Action item: Below is a listing. Write out exactly its lines between the one holding "settings = record" and the one holding "app_id = 1;", inclusive.
----
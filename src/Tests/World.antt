-- ===== src/Tests/World.antt =====
-- One series with one episode, one account with a wallet of twenty coins, and one product.
use shortform_streaming.Prelude.{
  ℕ, ◌+◌, leb, ◌==◌, ◌&&◌, ◌||◌, true, false, none, some, [], ◌∷◌, List,
}
use shortform_streaming.Prelude.Int.{pos}
use shortform_streaming.Model.{
  Settings, SpendingMode, PurchaseMode, AdsMode, SettingValue, Environment, Product, Store, Series,
  Episode, LoadedEpisode, MediaAsset, MediaAssetState, PublicationStatus, EpisodeAccessMode,
  UserProfile, Wallet, Kind, CoinLedgerEntry, CoinPack, RewardIntent,
}

abbrev pub settings : Settings
settings = record {
  debug = true;
  hosted_sandbox = false;
  coin_spending_mode = SpendingMode.test;
  coin_purchase_mode = PurchaseMode.test;
  rewarded_ads_mode = AdsMode.test;
  rewarded_ads_unit_id = record { whole = 1; last_part = 2 };
  catalog_launch_context = some (record {
    enabled = true;
    country = SettingValue.text "FR";
    platform = SettingValue.text "android";
    storefront = SettingValue.text "google_play";
    language = SettingValue.text "en";
    audience_segment = SettingValue.absent;
  });
}

abbrev pub product : Product
product = record {
  app_id = 1;
  application_id = 2;
  product_id = 3;
  coins = 100;
  store = 1;
  environment = 1;
}

abbrev first_or_zero : List ℕ → ℕ
first_or_zero [] = 0
first_or_zero (n ∷ ns) = n

abbrev pub environment : Environment
environment = record {
  settings = settings;
  products = product ∷ [];
  deletion_fingerprint = λ uid. uid;
  policy_digest = λ inputs. inputs.episode_id + 50;
  digest = first_or_zero;
  event_digest = λ event. event.event_key;
}

abbrev pub series : Series
series = record {
  pk = 1;
  public_id = 5;
  title = "Title";
  synopsis = "Synopsis";
  publication_status = PublicationStatus.published;
  original_language = "en";
  content_segments = [];
  distribution_territories = "FR" ∷ [];
  distribution_platforms = "android" ∷ [];
  distribution_storefronts = "google_play" ∷ [];
  distribution_languages = "en" ∷ [];
  self_owned = true;
  provenance_reference = "Studio";
  promotional_use_approved = true;
  takedown = false;
  free_episode_count = 0;
  rewarded_ads_enabled = true;
  translations = [];
}

abbrev pub episode : Episode
episode = record {
  pk = 1;
  public_id = 10;
  series_id = 1;
  order = 1;
  access_mode = EpisodeAccessMode.both;
  coin_price = some 5;
  title = "Episode";
  synopsis = "Synopsis";
  duration_seconds = 100;
  publication_status = PublicationStatus.published;
  window_starts_at = none;
  window_ends_at = none;
  translations = [];
}

abbrev pub loaded : LoadedEpisode
loaded = record { episode = episode; series = series }

abbrev pub asset : MediaAsset
asset = record {
  pk = 1;
  episode_id = 1;
  checksum = 1;
  provider_asset_id = some 1;
  state = MediaAssetState.ready;
  captions_language = "en";
  has_captions = true;
  thumbnail_count = 1;
  duration_seconds = some 100;
  renditions = 1;
  diagnostic_message = none;
}

abbrev pub profile : UserProfile
profile = record { pk = 1; firebase_uid = 11; ads_consent = true }

abbrev pub wallet : Wallet
wallet = record { pk = 1; user_profile = some 1 }

abbrev pub entry : CoinLedgerEntry
entry = record {
  pk = 1;
  wallet = 1;
  reference = 1;
  kind = Kind.purchase;
  amount = pos 20;
  created_at = 0;
}

abbrev pub pack : CoinPack
pack = record {
  pk = 1;
  product_id = 3;
  base_coins = 100;
  bonus = 50;
  coins = 150;
  badge = "";
  highlighted = false;
  sort_order = 1;
  starts_at = none;
  ends_at = none;
  is_active = true;
  retired_at = none;
  created_at = 0;
}

abbrev pub intent : RewardIntent
intent = record {
  pk = 1;
  user_profile = 1;
  episode = 1;
  request_id = 1;
  custom_data = 8;
  ssv_user_id = 9;
  ad_unit_id = record { whole = 1; last_part = 2 };
  policy_version = some 51;
  created_at = 0;
  expires_at = 900000000;
  granted_at = none;
  provider_transaction_id = none;
  provider_timestamp = none;
}

abbrev pub db : Store
db = record {
  profiles = profile ∷ [];
  deletions = [];
  series = series ∷ [];
  episodes = episode ∷ [];
  rights = [];
  assets = asset ∷ [];
  entitlements = [];
  intents = intent ∷ [];
  wallets = wallet ∷ [];
  entries = entry ∷ [];
  unlocks = [];
  cancellations = [];
  identities = record { pk = 4; wallet = 1 } ∷ [];
  bindings = [];
  decisions = [];
  events = [];
  packs = pack ∷ [];
  progress = [];
  regex_space = λ c. (leb 9 c && leb c 13) || c == 32;
  next_id = 1000;
}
----
Expected answer:
settings = record {
  debug = true;
  hosted_sandbox = false;
  coin_spending_mode = SpendingMode.test;
  coin_purchase_mode = PurchaseMode.test;
  rewarded_ads_mode = AdsMode.test;
  rewarded_ads_unit_id = record { whole = 1; last_part = 2 };
  catalog_launch_context = some (record {
    enabled = true;
    country = SettingValue.text "FR";
    platform = SettingValue.text "android";
    storefront = SettingValue.text "google_play";
    language = SettingValue.text "en";
    audience_segment = SettingValue.absent;
  });
}

abbrev pub product : Product
product = record {
  app_id = 1;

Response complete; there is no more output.